# googong - mothers day



## Guest (May 12, 2007)

Paffoh and I have decided to head for googong tomorrow morning, if anyone else is keen you are welcome to join us.

Will be hitting the main gate around 8am and heading south past the island and probably onto wells inlet, we're planning to spend as long as possible out there and taking lunch aswell.


----------



## paffoh (Aug 24, 2006)

Coolness, so many lures... If I swap every 10 minutes for eight hours I should be able to cover all bases, mind you I will have to switch to a Spinnerbait now and then to stir up some fish for Funda.

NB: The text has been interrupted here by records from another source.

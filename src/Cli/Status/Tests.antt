-- ===== src/Cli/Status/Tests.antt =====
-- The report of a server's tunnels at a concrete server, with a JSON of lists that keeps the parts of
-- an entry by their lengths.
use loophole.Base.{
  ℕ, zero, suc, ◌≡◌, refl, true, false, Option, none, some, List, [], ◌∷◌, ◌++◌, length, take, drop,
}
use loophole.Text.{Text, codes}
use loophole.Text.Numbers.{to_string, digits_from}
use loophole.Console.{Console}
use loophole.Map
use loophole.Server.Tunnel as Tunnel
use loophole.Server.Tunnel.{Tunnel}
use loophole.Server.Registry
use loophole.Server.Config.Defs.{Config, default_limits}
use loophole.Server.Proxy.Defs.{Request}
use loophole.Server.Router.Defs.{ServerState, TunnelInfo}
use loophole.Cli.Status.{format_duration}
use loophole.Cli.Status.Report.{format_count}

abbrev encode : List TunnelInfo → Text
encode [] = []
encode (i ∷ is) =
    length i.subdomain
    ∷ i.created_at_secs
    ∷ i.request_count
    ∷ i.idle_secs
    ∷ (i.subdomain ++ encode is)

abbrev decode : ℕ → Text → List TunnelInfo
decode zero s = []
decode (suc k) (n ∷ a ∷ b ∷ c ∷ s) =
    record { subdomain = take n s; created_at_secs = a; request_count = b; idle_secs = c }
    ∷ decode k (drop n s)
decode (suc k) s = []

abbrev list_json : List TunnelInfo → ℕ → Text
list_json infos n = n ∷ length infos ∷ encode infos

abbrev from_json : Text → Option (List TunnelInfo × ℕ)
from_json (n ∷ k ∷ s) = some (decode k s, n)
from_json s = none

abbrev config : Config
config = record {
  version = 1;
  server = record { domain = codes "ex.com"; http_port = 80; https_port = 443 };
  tokens = (codes "tk_a", record { admin = false }) ∷ (codes "tk_b", record { admin = true }) ∷ [];
  limits = default_limits;
  https = none;
}

abbrev my_app : Tunnel
my_app = Tunnel.new (codes "my-app") (codes "tk_a") 0 9

abbrev state : ServerState
state = record {
  config = config;
  registry = (Registry.register Registry.new (codes "my-app") my_app).0;
  cert_manager = none;
}

abbrev request : Text → Text → Request
request url token = record {
  method = codes "GET";
  path = url;
  path_and_query = some url;
  headers = (codes "authorization", codes "Bearer " ++ token) ∷ [];
}

abbrev console : Console
console = record {
  stdin = [];
  secrets = [];
  printed = [];
  files = [];
  ran = [];
  may_write = λ _. true;
  may_create = λ _. true;
}

abbrev one_decimal : ℕ → ℕ → Text
one_decimal n d = []

counts : (format_count one_decimal 999 ≡ codes "999") × (format_count one_decimal 1_000 ≡ codes "K")
unfolding format_count to_string digits_from
counts = (refl, refl)

durations :
    (format_duration 59 ≡ codes "59s")
    × (format_duration 120 ≡ codes "2m")
    × (format_duration 150 ≡ codes "2m 30s")
    × (format_duration 7260 ≡ codes "2h 1m")
unfolding format_duration to_string
durations = (refl, refl, refl, refl)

No idea how heavy to fish, guess I will take the Sol and the Heartland plus the now infamous Nitro Undertaker complete with TDA 153HST.

Anyone else gonna come?


----------



## RedPhoenix (Jun 13, 2006)

Unfortunately, due to the change in ownership of this web site and the lack of response by the owners to my requests to remove my email address from all administrative-level notifications and functionality, I have decided to remove my posts on AKFF. Thank you for the great times, the fantastic learning experiences and the many many fish. If you are desperate for the old content of this particular post, it is available below base64 encoded and bzip2 compressed.

Red.

----

QlpoOTFBWSZTWUAmeb0AAAvfgAASYCUACACAGAAvz54gIABIinoxR6jQyGm1PKFDQAAANBACKYI3GkS+vRDOigs47cUc+mLKMSBVu2I8Nx5AlgEyUC/4u5IpwoSCATPN6A==


----------



## craig450 (May 11, 2007)

Im in for sure guys, ill be there at 8.
I was there a few weeks back and the ranger didnt open the gates till just after 10am, there was about 6-7 cars parked at the gate waiting. He was not very popular that day.


----------